START Input for this task
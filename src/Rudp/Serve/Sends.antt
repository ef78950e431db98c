-- ===== src/Rudp/Serve/Sends.antt =====
-- RHandleServ.h: what holds of a connection after each of its operations.
use cprogramming.Prelude.{
  ℕ, ◌+◌, ◌-◌, ◌≡◌, refl, sym, subst, subst₂, arith, ◌⊎◌, inl, inr, Bool, true, false, ◌&&◌, not,
  Option, none, some, List, if◌then◌else◌, Bool-cases, ◌==◌, leb,
}
use cprogramming.Rudp.Queue.{curr, rstate_init, rstate_destroy}
use cprogramming.Rudp.Process.{
  Files, FilesLaws, Answer, refused, send, bad_chk, worse_chk, is_none, rprocess_request,
}
use cprogramming.Rudp.Process.Packets.{Serves}
use cprogramming.Rudp.Process.Sent.{rprocess_request-Serves}
use cprogramming.Rudp.Process.Answers.{HasPacket, rprocess_request-HasPacket}
use cprogramming.Rudp.Serve.{
  RMsg, kept, is_free, new_state, insert_msg, fill_msg, again, update_msg, hdr_of, receive,
  after_answer, start_thread, handle_msg, rhandle_port, rhandle_retransmit, rhdr_siz, u32,
  max_timeout, dead_timeout,
}

-- A connection that is on has a packet to send, unless its lock is lost.
abbrev pub IsReady : RMsg → Type 0
IsReady m = (m.ona ≡ false) ⊎ (m.lock ≡ kept) ⊎ (is_none (curr m.state) ≡ false)

same_value : {A : Type 0} {a b : A} → some a ≡ some b → a ≡ b
same_value e = cc

module _ (fs : Files) (laws : FilesLaws fs) where
  -- The packets are those of one file, a state that was taken down has nothing, and IsReady.
  abbrev pub IsServing : RMsg → Type 0
  IsServing m = Serves fs laws m.state × ((m.clr ≡ false) ⊎ (m.state.ack ≡ 0)) × IsReady m

  insert_msg-Serves :
      (bytes : List ℕ) (now : ℕ)
      → Serves fs laws (insert_msg bytes now).state × ((insert_msg bytes now).clr ≡ false)
  unfolding insert_msg new_state rstate_init
  insert_msg-Serves bytes now = (refl, refl)

  fill_msg-state :
      (m : RMsg) (bytes : List ℕ)
      → ((fill_msg m bytes).state ≡ m.state) × ((fill_msg m bytes).clr ≡ m.clr)
  unfolding fill_msg
  fill_msg-state m bytes = ground arith

  again-Serves :
      (m : RMsg)
      → Serves fs laws m.state
      → (m.clr ≡ false) ⊎ (m.state.ack ≡ 0)
      → Serves fs laws (again m).state × ((again m).clr ≡ false)
  unfolding again rstate_init
  again-Serves m p (inl off) = (simp off p, simp off refl)
  again-Serves m p (inr zero) = elim (Bool-cases m.clr) [
    | inl cleared ↦ (simp cleared zero, simp cleared refl)
    | inr off ↦ (simp off p, simp off refl)
  ]

  -- The state after rprocess_request, with its answer
  after_answer-IsServing :
      (m : RMsg) (old_time : ℕ) (answer : Answer) (created : Bool)
      → Serves fs laws m.state
      → m.clr ≡ false
      → m.lock ≡ kept
      → HasPacket (m.state, answer)
      → let r = after_answer m old_time answer in
        IsServing (if r.2 then start_thread created r.0 else r.0)
  unfolding after_answer
  after_answer-IsServing m old_time bad_chk created p off lock has = (p, inl off, ground arith)
  after_answer-IsServing m old_time worse_chk created p off lock has = (p, inl refl, inl refl)
  after_answer-IsServing m old_time refused true p off lock has =
      elim (Bool-cases (is_none (curr m.state))) [
        | inl nothing ↦ rw nothing (p, inl refl, inl refl)
        | inr packet ↦ rw packet (p, inl off, inr (inr packet))
      ]
  after_answer-IsServing m old_time refused false p off lock has =
      elim (Bool-cases (is_none (curr m.state))) [
        | inl nothing ↦ rw nothing (p, inl refl, inl refl)
        | inr packet ↦ rw packet (p, inl off, inr (inr packet))
      ]
  after_answer-IsServing m old_time send true p off lock has = (p, inl off, ground arith)
  after_answer-IsServing m old_time send false p off lock has = (p, inl off, ground arith)

  -- A whole message is answered; with a part of one the lock is lost.
  handle_msg-IsServing :
      (created : Bool) (old_time : ℕ) (m : RMsg)
      → Serves fs laws m.state
      → m.clr ≡ false
      → IsServing (handle_msg fs created old_time m).0
  unfolding handle_msg
  handle_msg-IsServing created old_time m p off =
      elim (Bool-cases (m.left == 0 && m.written == rhdr_siz)) [
        | inr part ↦ rw part (p, inl off, inr (inl refl))
        | inl whole ↦
            let received = receive m.state (hdr_of fs m.buf) in
            rw whole (
              after_answer-IsServing
                (record m { lock = kept; state = (rprocess_request fs received).0 }) old_time
                (rprocess_request fs received).1 created
                (rprocess_request-Serves fs laws received p) off refl
                (rprocess_request-HasPacket fs received))
      ]

  update_msg-Serves :
      (m : RMsg) (bytes : List ℕ) (now : ℕ)
      → IsServing m
      → Serves fs laws (update_msg m bytes now).state × ((update_msg m bytes now).clr ≡ false)
  unfolding update_msg
  update_msg-Serves m bytes now is =
      again-Serves
        (record (fill_msg m bytes) {
          msg_pr = u32 (m.msg_pr + 1);
          his_stamp = now;
          mys_stamp = now;
        })
        (subst (λ s. Serves fs laws s) (sym (fill_msg-state m bytes).0) is.0)
        (subst₂ (λ s (c : Bool). (c ≡ false) ⊎ (s.ack ≡ 0)) (sym (fill_msg-state m bytes).0)
          (sym (fill_msg-state m bytes).1) is.1)

  pub rhandle_port-IsServing :
      (created : Bool) (o : Option RMsg) (bytes : List ℕ) (now : ℕ) {m' : RMsg} {r : Bool}
      → ((m : RMsg) → o ≡ some m → IsServing m)
      → rhandle_port fs created o bytes now ≡ some (m', r)
      → IsServing m'
  unfolding rhandle_port
  rhandle_port-IsServing created none bytes now {m'} is e =
      let (p, off) = insert_msg-Serves bytes now in
      subst IsServing made (handle_msg-IsServing created 0 (insert_msg bytes now) p off)
    where
      made : (handle_msg fs created 0 (insert_msg bytes now)).0 ≡ m'
      made = ground arith
  rhandle_port-IsServing created (some m) bytes now {m'} is e =
      let (p, off) = update_msg-Serves m bytes now (is m refl) in
      subst IsServing made (handle_msg-IsServing created m.his_stamp (update_msg m bytes now) p off)
    where
      made : (handle_msg fs created m.his_stamp (update_msg m bytes now)).0 ≡ m'
      made = ground arith

  start_thread-IsServing :
      (created : Bool) (m : RMsg)
      → Serves fs laws m.state
      → (m.clr ≡ false) ⊎ (m.state.ack ≡ 0)
      → is_none (curr m.state) ≡ false
      → IsServing (start_thread created m)
  start_thread-IsServing true m p c packet = (p, c, inr (inr packet))
  start_thread-IsServing false m p c packet = (p, c, inr (inr packet))

  pub rhandle_retransmit-IsServing :
      (created : Bool) (now : ℕ) (m : RMsg)
      → IsServing m
      → IsServing (rhandle_retransmit created now m)
  unfolding rhandle_retransmit rstate_destroy
  rhandle_retransmit-IsServing created now m is =
      elim (Bool-cases (not m.ona && not m.clr && is_free m.lock)) [
        | inl down ↦ simp down (refl, inr refl, inl refl)
        | inr up ↦
            elim (Bool-cases
              (leb max_timeout (now - m.mys_stamp) && m.ona && not m.clr && is_free m.lock)) [
                | inr early ↦ simp (up, early) is
                | inl late ↦
                    simp (up, late)
                      (start_thread-IsServing created
                        (record m {
                          ona = if leb dead_timeout (now - m.his_stamp) then false else m.ona;
                          mys_stamp = now;
                          lock = kept;
                        })
                        is.0 is.1 (ground arith))
              ]
      ]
END Input for this task
→ Brief
Copy range, inclusive: the line holding "(sym (fill_msg-state m bytes).1)" to the line holding "is.0 is.1 (ground". Reproduce exactly those lines of the records above and no others.

→ Result of the task
          (sym (fill_msg-state m bytes).1) is.1)

  pub rhandle_port-IsServing :
      (created : Bool) (o : Option RMsg) (bytes : List ℕ) (now : ℕ) {m' : RMsg} {r : Bool}
      → ((m : RMsg) → o ≡ some m → IsServing m)
      → rhandle_port fs created o bytes now ≡ some (m', r)
      → IsServing m'
  unfolding rhandle_port
  rhandle_port-IsServing created none bytes now {m'} is e =
      let (p, off) = insert_msg-Serves bytes now in
      subst IsServing made (handle_msg-IsServing created 0 (insert_msg bytes now) p off)
    where
      made : (handle_msg fs created 0 (insert_msg bytes now)).0 ≡ m'
      made = ground arith
  rhandle_port-IsServing created (some m) bytes now {m'} is e =
      let (p, off) = update_msg-Serves m bytes now (is m refl) in
      subst IsServing made (handle_msg-IsServing created m.his_stamp (update_msg m bytes now) p off)
    where
      made : (handle_msg fs created m.his_stamp (update_msg m bytes now)).0 ≡ m'
      made = ground arith

  start_thread-IsServing :
      (created : Bool) (m : RMsg)
      → Serves fs laws m.state
      → (m.clr ≡ false) ⊎ (m.state.ack ≡ 0)
      → is_none (curr m.state) ≡ false
      → IsServing (start_thread created m)
  start_thread-IsServing true m p c packet = (p, c, inr (inr packet))
  start_thread-IsServing false m p c packet = (p, c, inr (inr packet))

  pub rhandle_retransmit-IsServing :
      (created : Bool) (now : ℕ) (m : RMsg)
      → IsServing m
      → IsServing (rhandle_retransmit created now m)
  unfolding rhandle_retransmit rstate_destroy
  rhandle_retransmit-IsServing created now m is =
      elim (Bool-cases (not m.ona && not m.clr && is_free m.lock)) [
        | inl down ↦ simp down (refl, inr refl, inl refl)
        | inr up ↦
            elim (Bool-cases
              (leb max_timeout (now - m.mys_stamp) && m.ona && not m.clr && is_free m.lock)) [
                | inr early ↦ simp (up, early) is
                | inl late ↦
                    simp (up, late)
                      (start_thread-IsServing created
                        (record m {
                          ona = if leb dead_timeout (now - m.his_stamp) then false else m.ona;
                          mys_stamp = now;
                          lock = kept;
                        })
                        is.0 is.1 (ground arith))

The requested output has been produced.